- [EXERCISE AIM]
In the listing below, find each line that holds the string "process" and copy it.

- [DATA TO USE]
Start of Block

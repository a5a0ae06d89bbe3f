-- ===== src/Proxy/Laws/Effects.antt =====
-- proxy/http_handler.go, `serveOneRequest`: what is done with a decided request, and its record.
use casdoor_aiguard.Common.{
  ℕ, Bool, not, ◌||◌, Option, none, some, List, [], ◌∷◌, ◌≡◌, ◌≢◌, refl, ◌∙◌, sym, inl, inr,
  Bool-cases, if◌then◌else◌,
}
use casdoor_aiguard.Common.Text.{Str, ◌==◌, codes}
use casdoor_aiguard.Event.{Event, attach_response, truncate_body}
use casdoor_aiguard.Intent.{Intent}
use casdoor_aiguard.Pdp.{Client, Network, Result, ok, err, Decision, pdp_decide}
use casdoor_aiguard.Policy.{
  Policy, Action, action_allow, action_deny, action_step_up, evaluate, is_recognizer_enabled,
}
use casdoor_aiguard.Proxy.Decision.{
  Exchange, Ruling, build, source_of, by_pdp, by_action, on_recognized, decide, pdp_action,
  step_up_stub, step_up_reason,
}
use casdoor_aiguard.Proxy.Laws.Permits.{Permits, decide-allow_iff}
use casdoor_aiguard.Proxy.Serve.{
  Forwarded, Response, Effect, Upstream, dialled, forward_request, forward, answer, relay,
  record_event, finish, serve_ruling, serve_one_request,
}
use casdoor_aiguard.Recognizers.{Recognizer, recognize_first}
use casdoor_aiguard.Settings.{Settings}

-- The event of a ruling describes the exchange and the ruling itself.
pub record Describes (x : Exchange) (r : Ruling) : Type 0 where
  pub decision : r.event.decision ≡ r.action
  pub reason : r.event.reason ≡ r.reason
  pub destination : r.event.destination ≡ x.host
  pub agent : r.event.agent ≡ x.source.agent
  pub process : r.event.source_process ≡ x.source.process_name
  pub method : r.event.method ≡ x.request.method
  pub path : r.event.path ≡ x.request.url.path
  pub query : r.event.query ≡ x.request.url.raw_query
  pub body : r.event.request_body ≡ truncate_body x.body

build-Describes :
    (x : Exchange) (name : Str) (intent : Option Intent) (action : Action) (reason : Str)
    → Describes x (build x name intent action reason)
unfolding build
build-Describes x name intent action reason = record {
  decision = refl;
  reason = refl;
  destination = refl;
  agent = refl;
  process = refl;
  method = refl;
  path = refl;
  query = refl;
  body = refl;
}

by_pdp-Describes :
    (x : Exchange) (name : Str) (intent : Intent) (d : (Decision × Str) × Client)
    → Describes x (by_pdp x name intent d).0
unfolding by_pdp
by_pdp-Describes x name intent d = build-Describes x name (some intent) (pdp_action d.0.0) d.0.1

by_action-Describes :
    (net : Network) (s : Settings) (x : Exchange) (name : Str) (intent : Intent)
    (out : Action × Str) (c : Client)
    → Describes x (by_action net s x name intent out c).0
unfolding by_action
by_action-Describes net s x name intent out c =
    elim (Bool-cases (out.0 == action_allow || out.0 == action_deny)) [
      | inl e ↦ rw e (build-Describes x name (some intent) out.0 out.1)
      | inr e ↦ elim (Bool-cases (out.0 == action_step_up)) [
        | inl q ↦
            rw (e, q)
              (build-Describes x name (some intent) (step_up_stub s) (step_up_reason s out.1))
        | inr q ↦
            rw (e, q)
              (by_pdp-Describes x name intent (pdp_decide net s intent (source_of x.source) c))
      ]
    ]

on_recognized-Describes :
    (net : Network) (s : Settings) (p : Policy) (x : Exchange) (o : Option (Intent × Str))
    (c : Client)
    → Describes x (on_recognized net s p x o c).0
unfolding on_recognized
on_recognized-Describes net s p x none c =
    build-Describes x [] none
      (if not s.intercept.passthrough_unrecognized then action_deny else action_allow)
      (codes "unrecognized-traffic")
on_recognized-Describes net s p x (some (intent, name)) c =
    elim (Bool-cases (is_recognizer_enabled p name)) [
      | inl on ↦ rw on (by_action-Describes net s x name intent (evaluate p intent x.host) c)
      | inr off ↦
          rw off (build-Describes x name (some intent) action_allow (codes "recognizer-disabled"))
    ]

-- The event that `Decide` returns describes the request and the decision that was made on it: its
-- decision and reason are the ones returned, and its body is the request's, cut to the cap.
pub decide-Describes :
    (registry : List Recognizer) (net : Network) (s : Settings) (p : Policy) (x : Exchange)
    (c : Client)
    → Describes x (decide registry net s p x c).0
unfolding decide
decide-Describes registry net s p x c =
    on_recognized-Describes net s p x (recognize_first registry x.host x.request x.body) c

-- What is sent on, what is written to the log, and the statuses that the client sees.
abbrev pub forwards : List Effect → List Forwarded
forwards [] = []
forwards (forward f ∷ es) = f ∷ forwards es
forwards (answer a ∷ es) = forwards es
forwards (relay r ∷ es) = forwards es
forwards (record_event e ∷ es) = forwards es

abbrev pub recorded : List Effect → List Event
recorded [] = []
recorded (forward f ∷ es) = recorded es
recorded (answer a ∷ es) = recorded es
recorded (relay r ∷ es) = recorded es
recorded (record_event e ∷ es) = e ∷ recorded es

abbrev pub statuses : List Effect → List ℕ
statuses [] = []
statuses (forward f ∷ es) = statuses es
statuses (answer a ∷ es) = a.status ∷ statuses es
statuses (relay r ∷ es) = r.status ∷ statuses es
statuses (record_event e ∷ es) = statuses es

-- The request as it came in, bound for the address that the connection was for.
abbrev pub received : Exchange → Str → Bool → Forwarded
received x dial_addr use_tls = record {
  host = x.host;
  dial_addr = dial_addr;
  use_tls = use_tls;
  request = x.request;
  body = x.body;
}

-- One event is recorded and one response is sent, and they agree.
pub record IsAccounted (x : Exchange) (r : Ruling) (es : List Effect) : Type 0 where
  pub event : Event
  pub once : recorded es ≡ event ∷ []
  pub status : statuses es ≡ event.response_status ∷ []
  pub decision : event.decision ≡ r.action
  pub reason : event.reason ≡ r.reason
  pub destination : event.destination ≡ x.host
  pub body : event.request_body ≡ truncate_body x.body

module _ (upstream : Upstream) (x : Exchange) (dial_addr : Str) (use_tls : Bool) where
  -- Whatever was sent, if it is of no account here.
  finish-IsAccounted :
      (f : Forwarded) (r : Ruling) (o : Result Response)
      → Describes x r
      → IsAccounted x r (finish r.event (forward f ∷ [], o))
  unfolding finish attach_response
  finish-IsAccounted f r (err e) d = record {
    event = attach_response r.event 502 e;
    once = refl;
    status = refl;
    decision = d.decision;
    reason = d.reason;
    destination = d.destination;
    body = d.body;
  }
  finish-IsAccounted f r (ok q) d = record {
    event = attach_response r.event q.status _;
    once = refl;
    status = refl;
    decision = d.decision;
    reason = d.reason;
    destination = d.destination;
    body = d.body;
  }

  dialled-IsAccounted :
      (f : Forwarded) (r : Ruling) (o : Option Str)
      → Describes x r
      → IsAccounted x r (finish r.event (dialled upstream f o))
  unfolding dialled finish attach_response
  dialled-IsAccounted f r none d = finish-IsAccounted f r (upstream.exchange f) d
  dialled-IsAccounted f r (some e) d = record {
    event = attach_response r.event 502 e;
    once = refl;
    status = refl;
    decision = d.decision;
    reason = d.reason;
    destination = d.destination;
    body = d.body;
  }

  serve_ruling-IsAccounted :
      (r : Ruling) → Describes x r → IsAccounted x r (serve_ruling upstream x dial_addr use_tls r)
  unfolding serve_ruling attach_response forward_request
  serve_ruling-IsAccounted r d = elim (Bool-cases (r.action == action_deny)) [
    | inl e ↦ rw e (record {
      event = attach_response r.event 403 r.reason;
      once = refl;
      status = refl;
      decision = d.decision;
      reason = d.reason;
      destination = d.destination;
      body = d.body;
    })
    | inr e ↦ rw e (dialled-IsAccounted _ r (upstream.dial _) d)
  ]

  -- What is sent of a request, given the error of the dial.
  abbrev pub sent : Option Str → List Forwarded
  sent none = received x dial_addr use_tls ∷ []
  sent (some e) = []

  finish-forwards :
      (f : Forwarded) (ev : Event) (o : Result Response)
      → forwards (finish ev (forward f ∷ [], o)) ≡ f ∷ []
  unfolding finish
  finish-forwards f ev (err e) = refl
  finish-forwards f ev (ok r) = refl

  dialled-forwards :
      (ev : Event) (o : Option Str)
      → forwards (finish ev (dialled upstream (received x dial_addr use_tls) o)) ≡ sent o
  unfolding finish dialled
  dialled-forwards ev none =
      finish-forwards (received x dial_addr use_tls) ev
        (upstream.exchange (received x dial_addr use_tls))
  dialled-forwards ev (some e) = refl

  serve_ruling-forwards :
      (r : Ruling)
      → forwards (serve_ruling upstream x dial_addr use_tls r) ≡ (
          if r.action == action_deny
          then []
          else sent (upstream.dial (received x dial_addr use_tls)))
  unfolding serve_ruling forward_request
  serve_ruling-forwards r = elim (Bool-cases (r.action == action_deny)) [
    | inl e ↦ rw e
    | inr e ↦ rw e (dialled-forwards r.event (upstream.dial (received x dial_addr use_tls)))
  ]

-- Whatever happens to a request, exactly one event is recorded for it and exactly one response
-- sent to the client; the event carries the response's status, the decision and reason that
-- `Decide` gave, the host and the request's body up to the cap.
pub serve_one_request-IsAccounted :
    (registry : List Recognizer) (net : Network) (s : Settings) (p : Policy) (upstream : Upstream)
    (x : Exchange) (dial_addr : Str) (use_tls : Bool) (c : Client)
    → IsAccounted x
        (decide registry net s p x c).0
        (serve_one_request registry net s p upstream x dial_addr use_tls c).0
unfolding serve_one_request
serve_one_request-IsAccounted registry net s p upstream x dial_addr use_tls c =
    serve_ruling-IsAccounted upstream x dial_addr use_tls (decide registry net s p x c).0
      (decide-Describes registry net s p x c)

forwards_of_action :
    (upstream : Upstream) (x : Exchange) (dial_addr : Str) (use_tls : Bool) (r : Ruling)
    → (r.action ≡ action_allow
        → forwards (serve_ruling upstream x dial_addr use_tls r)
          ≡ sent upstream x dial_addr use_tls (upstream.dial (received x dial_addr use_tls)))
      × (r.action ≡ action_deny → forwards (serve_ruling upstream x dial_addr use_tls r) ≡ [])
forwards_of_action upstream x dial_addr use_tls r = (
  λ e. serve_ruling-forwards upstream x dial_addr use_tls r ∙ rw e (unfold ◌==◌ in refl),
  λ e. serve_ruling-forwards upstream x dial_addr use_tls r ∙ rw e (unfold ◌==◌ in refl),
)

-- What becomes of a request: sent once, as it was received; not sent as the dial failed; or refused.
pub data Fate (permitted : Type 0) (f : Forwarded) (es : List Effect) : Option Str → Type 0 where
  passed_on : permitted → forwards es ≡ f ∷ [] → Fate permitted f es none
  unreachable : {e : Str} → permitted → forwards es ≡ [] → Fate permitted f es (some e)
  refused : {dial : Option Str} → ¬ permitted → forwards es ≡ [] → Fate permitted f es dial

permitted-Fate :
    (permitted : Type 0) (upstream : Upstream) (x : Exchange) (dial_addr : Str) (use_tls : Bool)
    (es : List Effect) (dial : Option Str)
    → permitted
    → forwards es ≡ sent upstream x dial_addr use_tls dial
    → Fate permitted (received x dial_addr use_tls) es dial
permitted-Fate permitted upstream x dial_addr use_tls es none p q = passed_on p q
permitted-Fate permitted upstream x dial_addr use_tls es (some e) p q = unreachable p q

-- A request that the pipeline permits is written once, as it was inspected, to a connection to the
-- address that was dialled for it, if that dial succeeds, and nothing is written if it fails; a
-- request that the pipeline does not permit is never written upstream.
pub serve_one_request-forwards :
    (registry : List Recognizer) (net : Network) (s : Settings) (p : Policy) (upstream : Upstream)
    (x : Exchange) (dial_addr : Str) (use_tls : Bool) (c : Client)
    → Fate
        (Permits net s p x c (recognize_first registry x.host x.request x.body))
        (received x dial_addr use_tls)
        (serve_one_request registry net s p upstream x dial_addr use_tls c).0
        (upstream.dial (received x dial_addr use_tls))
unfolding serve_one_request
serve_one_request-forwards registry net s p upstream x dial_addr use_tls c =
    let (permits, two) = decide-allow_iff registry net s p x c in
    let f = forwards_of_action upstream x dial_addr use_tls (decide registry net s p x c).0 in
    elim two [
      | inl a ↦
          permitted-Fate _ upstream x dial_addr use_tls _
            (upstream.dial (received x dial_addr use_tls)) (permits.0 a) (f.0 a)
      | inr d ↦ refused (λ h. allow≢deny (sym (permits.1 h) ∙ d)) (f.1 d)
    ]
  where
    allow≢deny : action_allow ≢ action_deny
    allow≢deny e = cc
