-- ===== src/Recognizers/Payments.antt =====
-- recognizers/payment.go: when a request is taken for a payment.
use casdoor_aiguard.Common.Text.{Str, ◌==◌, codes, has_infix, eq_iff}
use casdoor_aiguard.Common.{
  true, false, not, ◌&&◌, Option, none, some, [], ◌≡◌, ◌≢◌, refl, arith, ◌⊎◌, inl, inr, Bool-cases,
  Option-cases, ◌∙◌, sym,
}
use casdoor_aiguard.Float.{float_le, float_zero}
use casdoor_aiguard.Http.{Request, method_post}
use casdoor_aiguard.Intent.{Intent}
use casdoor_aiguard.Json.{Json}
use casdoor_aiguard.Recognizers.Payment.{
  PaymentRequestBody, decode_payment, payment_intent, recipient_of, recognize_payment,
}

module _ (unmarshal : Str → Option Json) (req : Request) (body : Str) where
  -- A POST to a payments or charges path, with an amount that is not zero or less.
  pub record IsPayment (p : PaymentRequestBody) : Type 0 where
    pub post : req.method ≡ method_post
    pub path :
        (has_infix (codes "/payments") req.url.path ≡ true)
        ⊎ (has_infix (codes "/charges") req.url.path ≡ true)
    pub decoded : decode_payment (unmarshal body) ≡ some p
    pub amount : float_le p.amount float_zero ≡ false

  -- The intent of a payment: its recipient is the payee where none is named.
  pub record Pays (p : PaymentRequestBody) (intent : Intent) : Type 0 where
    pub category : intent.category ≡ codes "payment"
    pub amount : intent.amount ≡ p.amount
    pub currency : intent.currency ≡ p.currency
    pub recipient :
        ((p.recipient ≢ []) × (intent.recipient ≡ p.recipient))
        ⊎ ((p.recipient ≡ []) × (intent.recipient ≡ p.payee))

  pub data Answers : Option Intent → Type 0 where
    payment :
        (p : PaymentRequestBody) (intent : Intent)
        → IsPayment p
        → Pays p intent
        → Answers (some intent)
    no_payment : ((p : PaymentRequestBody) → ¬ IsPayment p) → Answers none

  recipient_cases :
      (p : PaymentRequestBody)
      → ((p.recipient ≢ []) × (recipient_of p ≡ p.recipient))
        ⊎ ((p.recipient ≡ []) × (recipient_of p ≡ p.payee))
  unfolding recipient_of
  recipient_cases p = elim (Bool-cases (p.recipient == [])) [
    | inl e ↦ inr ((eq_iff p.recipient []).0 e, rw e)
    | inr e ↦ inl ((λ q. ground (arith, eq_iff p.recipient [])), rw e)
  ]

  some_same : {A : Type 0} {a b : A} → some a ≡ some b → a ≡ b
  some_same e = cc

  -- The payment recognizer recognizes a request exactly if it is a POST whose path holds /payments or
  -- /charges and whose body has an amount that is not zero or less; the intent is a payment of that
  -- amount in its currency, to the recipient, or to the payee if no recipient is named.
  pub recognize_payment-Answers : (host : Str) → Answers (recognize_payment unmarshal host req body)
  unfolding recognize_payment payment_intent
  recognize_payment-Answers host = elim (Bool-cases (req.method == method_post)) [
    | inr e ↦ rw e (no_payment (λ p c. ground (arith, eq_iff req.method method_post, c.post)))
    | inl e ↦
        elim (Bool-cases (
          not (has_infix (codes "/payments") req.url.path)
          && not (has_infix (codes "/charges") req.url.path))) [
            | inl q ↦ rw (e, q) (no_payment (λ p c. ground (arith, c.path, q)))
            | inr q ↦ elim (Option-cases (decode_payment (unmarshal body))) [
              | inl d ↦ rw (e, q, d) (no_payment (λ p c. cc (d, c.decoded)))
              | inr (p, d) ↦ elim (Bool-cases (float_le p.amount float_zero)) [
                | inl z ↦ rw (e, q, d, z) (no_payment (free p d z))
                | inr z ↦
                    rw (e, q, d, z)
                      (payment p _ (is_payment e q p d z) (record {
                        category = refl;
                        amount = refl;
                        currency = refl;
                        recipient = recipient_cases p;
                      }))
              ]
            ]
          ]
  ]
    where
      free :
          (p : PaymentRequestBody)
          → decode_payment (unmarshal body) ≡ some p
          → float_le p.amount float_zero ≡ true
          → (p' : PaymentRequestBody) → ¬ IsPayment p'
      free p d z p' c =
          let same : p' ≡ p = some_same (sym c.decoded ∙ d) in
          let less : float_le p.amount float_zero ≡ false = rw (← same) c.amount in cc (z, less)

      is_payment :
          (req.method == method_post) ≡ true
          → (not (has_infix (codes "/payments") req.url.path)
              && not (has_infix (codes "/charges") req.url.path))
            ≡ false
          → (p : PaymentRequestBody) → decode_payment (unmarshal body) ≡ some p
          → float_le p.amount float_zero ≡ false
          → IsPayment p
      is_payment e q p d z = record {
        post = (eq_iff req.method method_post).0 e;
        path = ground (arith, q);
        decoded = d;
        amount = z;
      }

End of Block

- [WRITTEN RESPONSE]
  pub process : r.event.source_process ≡ x.source.process_name
  process = refl;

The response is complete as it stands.